Directions
In the entries that follow, find the line containing "replace_in-IsKept campaign o"; from there, copy every line exactly through the line containing "org db ≡ some db'".

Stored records
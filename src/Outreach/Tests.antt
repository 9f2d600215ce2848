-- ===== src/Outreach/Tests.antt =====
-- A lead with no page on LinkedIn in a campaign of an email and a LinkedIn step.
use shiku_ai_powered_sales_d.Prelude.{
  List, Text, [], codes, false, length, none, refl, some, sort_by, true, ℕ, ◌++◌, ◌+◌, ◌∷◌, ◌≡◌,
}
use shiku_ai_powered_sales_d.Store.Schema.{
  CampaignSequence, Channel, Db, Lead, Message, SequenceStep, approved, email, generating, linkedin,
  new, outbound, sent,
}
use shiku_ai_powered_sales_d.Outreach.Sequence.{
  NextStep, channel_prerequisite_error, find_next_sequence_step, last_of, linkedin_error,
  pending_touch, skip_intro, skip_step, touches_of,
}
use shiku_ai_powered_sales_d.Outreach.Claim.{
  claim_loop, claim_next_outreach_touch, claimed, nothing_left, refused,
}
use shiku_ai_powered_sales_d.Outreach.Eligibility.{IsEligible, claim_next_outreach_touch-IsEligible}
use shiku_ai_powered_sales_d.Outreach.Reservation.{claim_next_outreach_touch-exclusive}
use shiku_ai_powered_sales_d.Outreach.Skips.{FollowsStep, claim_next_outreach_touch-stuck}

abbrev str : ℕ → Text
str n = (b'0' + n) ∷ []

abbrev lead : Lead
lead = record {
  id = 1;
  organization_id = 1;
  name = codes "Ada";
  email = codes "ada@example.org";
  phone_number = none;
  linkedin_url = none;
  status = new;
  email_opt_out = false;
  touch_count = 0;
  last_contacted_at = none;
  last_inbound_at = none;
}

abbrev sequence : ℕ → Channel → CampaignSequence
sequence n channel = record { campaign_id = 1; step_number = n; channel = channel; delay_days = 0 }

abbrev template : SequenceStep
template = record {
  id = 5;
  campaign_id = 1;
  step_number = 1;
  delay_days = 0;
  subject_template = [];
  body_template = [];
  is_active = true;
}

abbrev first : Message
first = record {
  id = 1;
  organization_id = 1;
  lead_id = 1;
  campaign_id = some 1;
  sequence_step_id = some 5;
  direction = outbound;
  channel = email;
  subject = codes "Hello";
  body = codes "Text";
  status = some sent;
  approved = approved;
  approved_by = none;
  approved_at = none;
  scheduled_send_at = none;
  scheduled_claimed_at = none;
  sent_at = some 5;
  send_attempts = 1;
  last_error = none;
  intent = none;
  external_message_id = none;
  external_thread_id = none;
  created_at = 3;
}

abbrev db_of : List Message → Db
db_of messages = record {
  messages = messages;
  attachments = [];
  leads = lead ∷ [];
  campaigns = [];
  campaign_leads = [];
  sequences = sequence 1 email ∷ sequence 2 linkedin ∷ [];
  steps = template ∷ [];
  contexts = [];
  events = [];
  next_message_id = 2;
  next_attachment_id = 1;
  next_step_id = 6;
  outbox = [];
}

abbrev step_one : NextStep
step_one = record {
  step_number = 1;
  channel = email;
  delay_days = 0;
  sequence_step_id = some 5;
  delay_ignored = false;
}

abbrev step_two : NextStep
step_two = record {
  step_number = 2;
  channel = linkedin;
  delay_days = 0;
  sequence_step_id = none;
  delay_ignored = false;
}

reserved_first :
    (claim_next_outreach_touch str 1 1 (some 1) none false 10 (db_of [])).0 ≡ claimed 2 step_one []
unfolding claim_next_outreach_touch claim_loop find_next_sequence_step touches_of
    channel_prerequisite_error sort_by
reserved_first = refl

claim_next_outreach_touch-IsEligible_example : IsEligible 1 1 1 (db_of []) step_one
claim_next_outreach_touch-IsEligible_example =
    claim_next_outreach_touch-IsEligible str 1 1 1 none false 10 (db_of []) 2 step_one []
      reserved_first

claim_next_outreach_touch-exclusive_example :
    let d = (claim_next_outreach_touch str 1 1 (some 1) none false 10 (db_of [])).1 in
    claim_next_outreach_touch str 1 1 (some 1) none true 11 d
    ≡ (refused (pending_touch (some 1) (some generating)), d)
claim_next_outreach_touch-exclusive_example =
    claim_next_outreach_touch-exclusive str 1 1 1 none none false true 10 11 (db_of []) 2 step_one
      [] tt reserved_first

abbrev reason : Text
reason = skip_intro str 2 ++ linkedin_error

follows : FollowsStep (template ∷ []) (last_of (touches_of 1 1 1 (db_of (first ∷ []))))
unfolding touches_of sort_by
follows = (refl, (0, refl))

skips : find_next_sequence_step str 1 1 1 false 10 (db_of (first ∷ [])) ≡ skip_step reason step_two
unfolding find_next_sequence_step touches_of channel_prerequisite_error sort_by
skips = refl

claim_next_outreach_touch-stuck_example :
    let (c, d) = claim_next_outreach_touch str 1 1 (some 1) none false 10 (db_of (first ∷ [])) in
    (c ≡ nothing_left)
    × (find_next_sequence_step str 1 1 1 false 10 d ≡ skip_step reason step_two)
    × (length d.messages ≡ 1 + 5)
claim_next_outreach_touch-stuck_example =
    claim_next_outreach_touch-stuck str 1 1 1 none false 10 reason step_two (db_of (first ∷ []))
      refl follows skips
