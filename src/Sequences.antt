-- ===== src/Sequences.antt =====
-- The steps of a campaign, services/sequence_service.py.
pub mod Replace
pub mod References
pub mod Subject
pub mod Followups
pub mod Drafted
pub mod Repeats
pub mod Upcoming
mod Tests
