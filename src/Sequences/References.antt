-- ===== src/Sequences/References.antt =====
-- The steps that messages refer to.
use shiku_ai_powered_sales_d.Prelude.{
  ==_iff, Bool, Bool-cases, List, Option, [], any, arith, delete_rows, false, find_row, inl, inr,
  none, not, refl, select, some, some_eq, sort_by, sym, true, update_rows, ℕ, ◌&&◌, ◌++◌, ◌==◌,
  ◌||◌, ◌∙◌, ◌∷◌, ◌≡◌,
}
use shiku_ai_powered_sales_d.Store.Schema.{Campaign, Db, SequenceStep}
use shiku_ai_powered_sales_d.Sequences.Replace.{
  CleanStep, RawStep, clean_steps, existing_of, has_step_id, is_campaign, is_referenced,
  is_requested, kept_row, of_campaign, put_step, put_steps, replace_in, replace_sequence_steps,
  retire, retire_steps, set_step, step_key, switch_off,
}
use mathlib.Core.Path.{subst}

-- The row of a step, by its identifier, its number and its campaign.
abbrev pub is_step : ℕ → ℕ → ℕ → SequenceStep → Bool
is_step k n campaign t = t.id == k && t.step_number == n && t.campaign_id == campaign

any-update :
    (p q : SequenceStep → Bool) (f : SequenceStep → SequenceStep) (xs : List SequenceStep)
    → ((x : SequenceStep) → p (f x) ≡ p x)
    → any p (update_rows q f xs) ≡ any p xs
any-update p q f [] same = refl
any-update p q f (x ∷ xs) same = ground (arith, same x, any-update p q f xs same)

any-append :
    (p : SequenceStep → Bool) (xs ys : List SequenceStep)
    → any p xs ≡ true
    → any p (xs ++ ys) ≡ true
any-append p [] ys h = absurd (cc)
any-append p (x ∷ xs) ys h = elim (Bool-cases (p x)) [
  | inl t ↦ simp t refl
  | inr f ↦ simp f (any-append p xs ys (simp f at h))
]

any-delete :
    (p q : SequenceStep → Bool) (xs : List SequenceStep)
    → ((x : SequenceStep) → p x ≡ true → q x ≡ false)
    → any p xs ≡ true
    → any p (delete_rows q xs) ≡ true
any-delete p q [] apart h = absurd (cc)
any-delete p q (x ∷ xs) apart h = elim (Bool-cases (p x)) [
  | inl t ↦ simp (apart x t, t) refl
  | inr f ↦ ground (arith, f, any-delete p q xs apart (simp f at h))
]

module _ (k n c : ℕ) where
  -- A message refers to the step, and its row is there.
  abbrev IsKept : Db → Type 0
  IsKept db = (is_referenced k db ≡ true) × (any (is_step k n c) db.steps ≡ true)

  other_id :
      (j : ℕ) (db : Db) (t : SequenceStep)
      → is_referenced k db ≡ true
      → is_referenced j db ≡ false
      → is_step k n c t ≡ true
      → has_step_id j t ≡ false
  other_id j db t here there h = elim (Bool-cases (t.id == j)) [
    | inl e ↦
        let a : t.id ≡ j = (==_iff t.id j).0 e in
        let b : t.id ≡ k = (==_iff t.id k).0 (ground arith) in
        let same : j ≡ k = sym a ∙ b in absurd (cc)
    | inr e ↦ e
  ]

  retire-IsKept : (j : ℕ) (db : Db) → IsKept db → IsKept (retire j db)
  retire-IsKept j db (here, there) = elim (Bool-cases (is_referenced j db)) [
    | inl t ↦
        simp t
          (here, any-update (is_step k n c) (has_step_id j) switch_off db.steps (λ x. refl) ∙ there)
    | inr f ↦ simp f (
      here,
      any-delete (is_step k n c) (has_step_id j) db.steps (λ x h. other_id j db x here f h) there,
    )
  ]

  put_step-IsKept :
      (campaign : ℕ) (s : CleanStep) (o : Option SequenceStep) (db : Db)
      → IsKept db
      → IsKept (put_step campaign s o db)
  put_step-IsKept campaign s none db (here, there) =
      (here, any-append (is_step k n c) db.steps _ there)
  put_step-IsKept campaign s (some t) db (here, there) = (
    here,
    any-update (is_step k n c) (has_step_id t.id) (set_step s) db.steps (λ x. refl) ∙ there,
  )

  put_steps-IsKept :
      (campaign : ℕ) (before : List SequenceStep) (cs : List CleanStep) (db : Db)
      → IsKept db
      → IsKept (put_steps campaign before cs db)
  unfolding put_steps
  put_steps-IsKept campaign before [] db h = h
  put_steps-IsKept campaign before (s ∷ cs) db h =
      let o = existing_of s.step_number before in
      put_steps-IsKept campaign before cs (put_step campaign s o db)
        (put_step-IsKept campaign s o db h)

  retire_steps-IsKept :
      (cs : List CleanStep) (before ts : List SequenceStep) (db : Db)
      → IsKept db
      → IsKept (retire_steps cs before ts db)
  unfolding retire_steps
  retire_steps-IsKept cs before [] db h = h
  retire_steps-IsKept cs before (t ∷ ts) db h =
      elim (Bool-cases (is_requested cs t || not (kept_row before t))) [
        | inl e ↦ simp e (retire_steps-IsKept cs before ts db h)
        | inr e ↦
            simp e (retire_steps-IsKept cs before ts (retire t.id db) (retire-IsKept t.id db h))
      ]

  replace_in-IsKept :
      (campaign : ℕ) (o : Option Campaign) (cleaned : Option (List CleanStep)) (db db' : Db)
      → replace_in campaign o cleaned db ≡ some db'
      → IsKept db
      → any (is_step k n c) db'.steps ≡ true
  replace_in-IsKept campaign o none db db' e h = absurd (cc)
  replace_in-IsKept campaign none (some cs) db db' e h = absurd (cc)
  replace_in-IsKept campaign (some x) (some cs) db db' e h =
      let sorted = sort_by step_key cs in
      let before = select (of_campaign campaign) db.steps in
      let put = put_steps campaign before sorted db in
      let kept =
        retire_steps-IsKept sorted before before put
          (put_steps-IsKept campaign before sorted db h) in
      subst (λ (d : Db). any (is_step k n c) d.steps ≡ true) (some_eq e) kept.1

-- If `replace_sequence_steps` succeeds, the row of a step that a message refers to is still there
-- afterwards, with its identifier, its number and its campaign, whether or not the step is among
-- those asked for.
pub replace_sequence_steps-IsKept :
    (k n c campaign : ℕ) (raw : List RawStep) (org : Option ℕ) (db db' : Db)
    → replace_sequence_steps campaign raw org db ≡ some db'
    → is_referenced k db ≡ true
    → any (is_step k n c) db.steps ≡ true
    → any (is_step k n c) db'.steps ≡ true
unfolding replace_sequence_steps
replace_sequence_steps-IsKept k n c campaign raw org db db' e here there =
    replace_in-IsKept k n c campaign (find_row (is_campaign campaign org) db.campaigns)
      (clean_steps raw []) db db' e (here, there)
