-- ===== src/Sequences/Repeats.antt =====
-- A second run of `generate_due_followup_drafts` of services/sequence_service.py.
use shiku_ai_powered_sales_d.Prelude.{
  ==_refl, All, Bool, Bool-cases, List, Option, [], any, arith, false, inl, inr, refl, sym, true, ℕ,
  ℤ, ◌++◌, ◌∙◌, ◌∷◌, ◌≡◌,
}
use shiku_ai_powered_sales_d.Store.Schema.{CampaignLead, Db, Message}
use shiku_ai_powered_sales_d.Drafts.Replies.{Services}
use shiku_ai_powered_sales_d.Drafts.Send.{record_outbound}
use shiku_ai_powered_sales_d.Drafts.Scheduler.{Engine}
use shiku_ai_powered_sales_d.Sequences.Followups.{
  Due, Texts, due_followups, generate_each, generate_from, insert_followup, is_live_touch_of,
  is_passed_over, join_all, join_of, log_generated, new_followup,
}
use shiku_ai_powered_sales_d.Sequences.Drafted.{messages-insert_followup}
use mathlib.Core.Path.{subst}

-- The tables that the query reads are the same.
abbrev SameTables : Db → Db → Type 0
SameTables db db' =
    (db'.campaign_leads ≡ db.campaign_leads)
    × (db'.campaigns ≡ db.campaigns)
    × (db'.leads ≡ db.leads)
    × (db'.steps ≡ db.steps)
    × (db'.sequences ≡ db.sequences)

insert_followup-SameTables :
    (s : Services) (texts : Texts) (now : ℕ) (d : Due) (db : Db)
    → SameTables db (insert_followup s texts now d db)
unfolding insert_followup record_outbound
insert_followup-SameTables s texts now d db = ground arith

generate_each-SameTables :
    (s : Services) (texts : Texts) (ignore_delay : Bool) (now : ℕ) (ds : List Due) (db : Db)
    → SameTables db (generate_each s texts ignore_delay now ds db).1
unfolding generate_each
generate_each-SameTables s texts ignore_delay now [] db = (refl, refl, refl, refl, refl)
generate_each-SameTables s texts ignore_delay now (d ∷ ds) db =
    elim (Bool-cases (is_passed_over ignore_delay now d db)) [
      | inl t ↦ rw (t, generate_each) (generate_each-SameTables s texts ignore_delay now ds db)
      | inr n ↦
          let next = insert_followup s texts now d db in
          let a = insert_followup-SameTables s texts now d db in
          let b = generate_each-SameTables s texts ignore_delay now ds next in
          rw (n, generate_each) (b.0 ∙ a.0, b.1 ∙ a.1, b.2 ∙ a.2, b.3 ∙ a.3, b.4 ∙ a.4)
    ]

join_of-SameTables :
    (db db' : Db) (cl : CampaignLead) → SameTables db db' → join_of db' cl ≡ join_of db cl
join_of-SameTables db db' cl h = rw (h.1, h.2, h.3, h.4) refl

join_all-SameTables :
    (db db' : Db) (cls : List CampaignLead) → SameTables db db' → join_all db' cls ≡ join_all db cls
join_all-SameTables db db' [] h = refl
join_all-SameTables db db' (cl ∷ cls) h =
    rw (join_of-SameTables db db' cl h, join_all-SameTables db db' cls h) refl

due_followups-SameTables :
    (engine : Engine) (campaign org : Option ℕ) (limit : ℤ) (db db' : Db)
    → SameTables db db'
    → due_followups engine campaign org limit db' ≡ due_followups engine campaign org limit db
unfolding due_followups
due_followups-SameTables engine campaign org limit db db' h =
    rw (h.0, join_all-SameTables db db' db.campaign_leads h) refl

any-append {ℓ} :
    {A : Type ℓ} (q : A → Bool) (xs ys : List A) → any q xs ≡ true → any q (xs ++ ys) ≡ true
any-append q [] ys h = absurd (cc)
any-append q (x ∷ xs) ys h = elim (Bool-cases (q x)) [
  | inl t ↦ rw t refl
  | inr n ↦ rw n (any-append q xs ys (rw n at h))
]

own_touch :
    (texts : Texts) (now id : ℕ) (d : Due) → is_live_touch_of d (new_followup texts now d id) ≡ true
own_touch texts now id d = rw (==_refl d.lead.id, ==_refl d.campaign.id, ==_refl d.step.id) refl

any-own_touch :
    (texts : Texts) (now id : ℕ) (d : Due) (ms : List Message)
    → any (is_live_touch_of d) (ms ++ new_followup texts now d id ∷ []) ≡ true
any-own_touch texts now id d [] = rw (own_touch texts now id d) refl
any-own_touch texts now id d (m ∷ ms) = ground (arith, any-own_touch texts now id d ms)

-- A row that is passed over is passed over ever after, at the same time.
passed_over-insert :
    (s : Services) (texts : Texts) (ignore_delay : Bool) (now : ℕ) (d x : Due) (db : Db)
    → is_passed_over ignore_delay now x db ≡ true
    → is_passed_over ignore_delay now x (insert_followup s texts now d db) ≡ true
passed_over-insert s texts ignore_delay now d x db h =
    rw (messages-insert_followup s texts now d db)
      (elim (Bool-cases (any (is_live_touch_of x) db.messages)) [
        | inl t ↦
            let more =
              any-append (is_live_touch_of x) db.messages
                (new_followup texts now d db.next_message_id ∷ []) t in
            ground arith
        | inr n ↦ ground arith
      ])

passed_over-each :
    (s : Services) (texts : Texts) (ignore_delay : Bool) (now : ℕ) (ds : List Due) (x : Due)
    (db : Db)
    → is_passed_over ignore_delay now x db ≡ true
    → is_passed_over ignore_delay now x (generate_each s texts ignore_delay now ds db).1 ≡ true
unfolding generate_each
passed_over-each s texts ignore_delay now [] x db h = h
passed_over-each s texts ignore_delay now (d ∷ ds) x db h =
    elim (Bool-cases (is_passed_over ignore_delay now d db)) [
      | inl t ↦ rw (t, generate_each) (passed_over-each s texts ignore_delay now ds x db h)
      | inr n ↦
          rw (n, generate_each)
            (passed_over-each s texts ignore_delay now ds x (insert_followup s texts now d db)
              (passed_over-insert s texts ignore_delay now d x db h))
    ]

passed_over_self :
    (s : Services) (texts : Texts) (ignore_delay : Bool) (now : ℕ) (d : Due) (db : Db)
    → is_passed_over ignore_delay now d (insert_followup s texts now d db) ≡ true
passed_over_self s texts ignore_delay now d db =
    rw (messages-insert_followup s texts now d db)
      (ground (arith, any-own_touch texts now db.next_message_id d db.messages))

module _ (s : Services) (texts : Texts) (ignore_delay : Bool) (now : ℕ) where
  after_passed :
      (d : Due) (ds : List Due) (db : Db)
      → is_passed_over ignore_delay now d db ≡ true
      → (generate_each s texts ignore_delay now (d ∷ ds) db).1
        ≡ (generate_each s texts ignore_delay now ds db).1
  unfolding generate_each
  after_passed d ds db t = rw (t, generate_each) refl

  after_drafted :
      (d : Due) (ds : List Due) (db : Db)
      → is_passed_over ignore_delay now d db ≡ false
      → (generate_each s texts ignore_delay now (d ∷ ds) db).1
        ≡ (generate_each s texts ignore_delay now ds (insert_followup s texts now d db)).1
  unfolding generate_each
  after_drafted d ds db n = rw (n, generate_each) refl

  -- Every row is passed over in these tables.
  abbrev AllPassed : List Due → Db → Type 0
  AllPassed ds db = All (λ d. is_passed_over ignore_delay now d db ≡ true) ds

  each_passed_over :
      (ds : List Due) (db : Db) → AllPassed ds (generate_each s texts ignore_delay now ds db).1
  each_passed_over [] db = tt
  each_passed_over (d ∷ ds) db = elim (Bool-cases (is_passed_over ignore_delay now d db)) [
    | inl t ↦
        subst (AllPassed (d ∷ ds)) (sym (after_passed d ds db t))
          (passed_over-each s texts ignore_delay now ds d db t, each_passed_over ds db)
    | inr n ↦
        let next = insert_followup s texts now d db in
        subst (AllPassed (d ∷ ds)) (sym (after_drafted d ds db n)) (
          passed_over-each s texts ignore_delay now ds d next
              (passed_over_self s texts ignore_delay now d db),
          each_passed_over ds next,
        )
  ]

nothing_generated :
    (s : Services) (texts : Texts) (ignore_delay : Bool) (now : ℕ) (ds : List Due) (db : Db)
    → All (λ d. is_passed_over ignore_delay now d db ≡ true) ds
    → generate_each s texts ignore_delay now ds db ≡ ([], db)
unfolding generate_each
nothing_generated s texts ignore_delay now [] db h = refl
nothing_generated s texts ignore_delay now (d ∷ ds) db h =
    rw (h.0, generate_each) (nothing_generated s texts ignore_delay now ds db h.1)

SameTables-log_generated :
    (org : Option ℕ) (ks : List ℕ) (db db' : Db)
    → SameTables db db'
    → SameTables db (log_generated org ks db')
SameTables-log_generated org [] db db' h = h
SameTables-log_generated org (k ∷ ks) db db' h = h

log_generated-passed_over :
    (ignore_delay : Bool) (now : ℕ) (org : Option ℕ) (ks : List ℕ) (ds : List Due) (db : Db)
    → All (λ d. is_passed_over ignore_delay now d db ≡ true) ds
    → All (λ d. is_passed_over ignore_delay now d (log_generated org ks db) ≡ true) ds
log_generated-passed_over ignore_delay now org [] ds db h = h
log_generated-passed_over ignore_delay now org (k ∷ ks) ds db h = h

-- A second run with the same arguments, right after the first, generates nothing and leaves every
-- table as it is.
pub generate_from-again :
    (s : Services) (texts : Texts) (engine : Engine) (campaign : Option ℕ) (limit : ℤ)
    (org : Option ℕ) (ignore_delay : Bool) (now : ℕ) (db : Db)
    → let after = (generate_from s texts engine campaign limit org ignore_delay now db).1 in
      generate_from s texts engine campaign limit org ignore_delay now after ≡ ([], after)
unfolding generate_from
generate_from-again s texts engine campaign limit org ignore_delay now db =
    let ds = due_followups engine campaign org limit db in
    let (ks, db') = generate_each s texts ignore_delay now ds db in
    let same =
      SameTables-log_generated org ks db db'
        (generate_each-SameTables s texts ignore_delay now ds db) in
    rw
      (
        due_followups-SameTables engine campaign org limit db (log_generated org ks db') same,
        nothing_generated s texts ignore_delay now ds (log_generated org ks db') (
            log_generated-passed_over ignore_delay now org ks ds db'
              (each_passed_over s texts ignore_delay now ds db)),
      )
      refl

Solution for this task
  replace_in-IsKept campaign o none db db' e h = absurd (cc)
  replace_in-IsKept campaign none (some cs) db db' e h = absurd (cc)
  replace_in-IsKept campaign (some x) (some cs) db db' e h =
      let sorted = sort_by step_key cs in
      let before = select (of_campaign campaign) db.steps in
      let put = put_steps campaign before sorted db in
      let kept =
        retire_steps-IsKept sorted before before put
          (put_steps-IsKept campaign before sorted db h) in
      subst (λ (d : Db). any (is_step k n c) d.steps ≡ true) (some_eq e) kept.1

-- If `replace_sequence_steps` succeeds, the row of a step that a message refers to is still there
-- afterwards, with its identifier, its number and its campaign, whether or not the step is among
-- those asked for.
pub replace_sequence_steps-IsKept :
    (k n c campaign : ℕ) (raw : List RawStep) (org : Option ℕ) (db db' : Db)
    → replace_sequence_steps campaign raw org db ≡ some db'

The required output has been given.